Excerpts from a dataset
▼▼▼

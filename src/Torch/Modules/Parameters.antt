-- ===== src/Torch/Modules/Parameters.antt =====
-- native/src/training/training_bridge_torch.cc: the parameters of a module.
use Prim.Native.String.{String}
use tensora.Core.Status.{ok}
use tensora.Float.{Float32}
use tensora.Tensor.{Tensor}
use tensora.Registry.Entries.{module_handle}
use tensora.Registry.{lookup}
use tensora.Steps.{Result, to_caller}
use tensora.Torch.Library.{Torch, TorchHost}
use tensora.Torch.Backend.{tensor_to_torch, wrap_torch_tensor}
use tensora.Torch.Wrapping.{tensor_to_torch-wrap_torch_tensor}
use tensora.Torch.Nn.{TorchNn, TorchProcess, linear_state, lookup_torch_module}
use tensora.Torch.Modules.{wrap_found, torch_parameter_count, torch_parameter_at}
use tensora.Prelude.{ℕ, ◌<◌, ◌≡◌, refl, ap, Option, none, some, get_elem?, length, get_elem?-lt}

module _ {F D X R N O A : Type 0} (torch : Torch F X R) (nn : TorchNn D X R N O A) where
  found_module :
      (h : ℕ) (m : N) (p : TorchProcess F X R N O)
      → lookup h module_handle p.registry ≡ (ok, some (linear_state m))
      → lookup_torch_module h p ≡ (Result.done m, p)
  unfolding lookup_torch_module
  found_module h m p found = rw found refl

  wrap_found-done :
      (found : Option X) (message : String) (a : ℕ) (s s' : TorchHost F X R)
      → wrap_found torch nn found message to_caller s ≡ (Result.done a, s')
      → (x : X) × (found ≡ some x) × (wrap_torch_tensor torch x to_caller s ≡ (Result.done a, s'))
  unfolding wrap_found
  wrap_found-done none message a s s' e = cc
  wrap_found-done (some x) message a s s' e = (x, refl, e)

  parameter_at-done :
      (h i a : ℕ) (m : N) (p p' : TorchProcess F X R N O)
      → lookup h module_handle p.registry ≡ (ok, some (linear_state m))
      → torch_parameter_at torch nn h i to_caller p ≡ (Result.done a, p')
      → wrap_found torch nn
          (get_elem? (nn.parameters m p.host.runtime) i)
          "module_parameter_at: index is out of range"
          to_caller
          p.host
        ≡ (Result.done a, p'.host)
  unfolding torch_parameter_at
  parameter_at-done h i a m p p' found e =
      ap (λ (r : Result ℕ × TorchProcess F X R N O). (r.0, r.1.host))
        (rw (found_module h m p found) at e)

  -- When ModuleParameterAt of a module succeeds, the index is below ModuleParameterCount, and the tensor
  -- goes to libtorch as the module's own parameter at the index, not as a copy of it.
  pub torch_parameter_at-parameters :
      ⦃fl : Float32 F⦄ (h i a : ℕ) (m : N) (p p' : TorchProcess F X R N O)
      → lookup h module_handle p.registry ≡ (ok, some (linear_state m))
      → torch_parameter_at torch nn h i to_caller p ≡ (Result.done a, p')
      → (n : ℕ) × (x : X) × (t : Tensor) × (torch_parameter_count torch nn h to_caller p
          ≡ (Result.done n, p))
        × (i < n)
        × (get_elem? (nn.parameters m p.host.runtime) i ≡ some x)
        × (get_elem? p'.host.heap.tensors a ≡ some t)
        × (tensor_to_torch torch t to_caller p'.host ≡ (Result.done x, p'.host))
  unfolding torch_parameter_count
  torch_parameter_at-parameters h i a m p p' found e =
      let (x, at_index, wrapped) =
        wrap_found-done _ _ a p.host p'.host (parameter_at-done h i a m p p' found e) in
      let (t, made, back) = tensor_to_torch-wrap_torch_tensor torch x p.host a p'.host wrapped in
      (
        length (nn.parameters m p.host.runtime),
        x,
        t,
        rw (found_module h m p found) refl,
        get_elem?-lt _ i x at_index,
        at_index,
        made,
        back,
      )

▲▲▲

# What is needed
Restate the records word for word, keeping every line.

# Output of the task
filename src/Torch/Modules/Parameters.antt
-- ===== src/Torch/Modules/Parameters.antt =====
-- native/src/training/training_bridge_torch.cc: the parameters of a module.
use Prim.Native.String.{String}
use tensora.Core.Status.{ok}
use tensora.Float.{Float32}
use tensora.Tensor.{Tensor}
use tensora.Registry.Entries.{module_handle}
use tensora.Registry.{lookup}
use tensora.Steps.{Result, to_caller}
use tensora.Torch.Library.{Torch, TorchHost}
use tensora.Torch.Backend.{tensor_to_torch, wrap_torch_tensor}
use tensora.Torch.Wrapping.{tensor_to_torch-wrap_torch_tensor}
use tensora.Torch.Nn.{TorchNn, TorchProcess, linear_state, lookup_torch_module}
use tensora.Torch.Modules.{wrap_found, torch_parameter_count, torch_parameter_at}
use tensora.Prelude.{ℕ, ◌<◌, ◌≡◌, refl, ap, Option, none, some, get_elem?, length, get_elem?-lt}

module _ {F D X R N O A : Type 0} (torch : Torch F X R) (nn : TorchNn D X R N O A) where
  found_module :
      (h : ℕ) (m : N) (p : TorchProcess F X R N O)
      → lookup h module_handle p.registry ≡ (ok, some (linear_state m))
      → lookup_torch_module h p ≡ (Result.done m, p)
  unfolding lookup_torch_module
  found_module h m p found = rw found refl

  wrap_found-done :
      (found : Option X) (message : String) (a : ℕ) (s s' : TorchHost F X R)
      → wrap_found torch nn found message to_caller s ≡ (Result.done a, s')
      → (x : X) × (found ≡ some x) × (wrap_torch_tensor torch x to_caller s ≡ (Result.done a, s'))
  unfolding wrap_found
  wrap_found-done none message a s s' e = cc
  wrap_found-done (some x) message a s s' e = (x, refl, e)

  parameter_at-done :
      (h i a : ℕ) (m : N) (p p' : TorchProcess F X R N O)
      → lookup h module_handle p.registry ≡ (ok, some (linear_state m))
      → torch_parameter_at torch nn h i to_caller p ≡ (Result.done a, p')
      → wrap_found torch nn
          (get_elem? (nn.parameters m p.host.runtime) i)
          "module_parameter_at: index is out of range"
          to_caller
          p.host
        ≡ (Result.done a, p'.host)
  unfolding torch_parameter_at
  parameter_at-done h i a m p p' found e =
      ap (λ (r : Result ℕ × TorchProcess F X R N O). (r.0, r.1.host))
        (rw (found_module h m p found) at e)

  -- When ModuleParameterAt of a module succeeds, the index is below ModuleParameterCount, and the tensor
  -- goes to libtorch as the module's own parameter at the index, not as a copy of it.
  pub torch_parameter_at-parameters :
      ⦃fl : Float32 F⦄ (h i a : ℕ) (m : N) (p p' : TorchProcess F X R N O)
      → lookup h module_handle p.registry ≡ (ok, some (linear_state m))
      → torch_parameter_at torch nn h i to_caller p ≡ (Result.done a, p')
      → (n : ℕ) × (x : X) × (t : Tensor) × (torch_parameter_count torch nn h to_caller p
          ≡ (Result.done n, p))
        × (i < n)
        × (get_elem? (nn.parameters m p.host.runtime) i ≡ some x)
        × (get_elem? p'.host.heap.tensors a ≡ some t)
        × (tensor_to_torch torch t to_caller p'.host ≡ (Result.done x, p'.host))
  unfolding torch_parameter_count
  torch_parameter_at-parameters h i a m p p' found e =
      let (x, at_index, wrapped) =
        wrap_found-done _ _ a p.host p'.host (parameter_at-done h i a m p p' found e) in
      let (t, made, back) = tensor_to_torch-wrap_torch_tensor torch x p.host a p'.host wrapped in
      (
        length (nn.parameters m p.host.runtime),
        x,
        t,
        rw (found_module h m p found) refl,
        get_elem?-lt _ i x at_index,
        at_index,
        made,
        back,
      )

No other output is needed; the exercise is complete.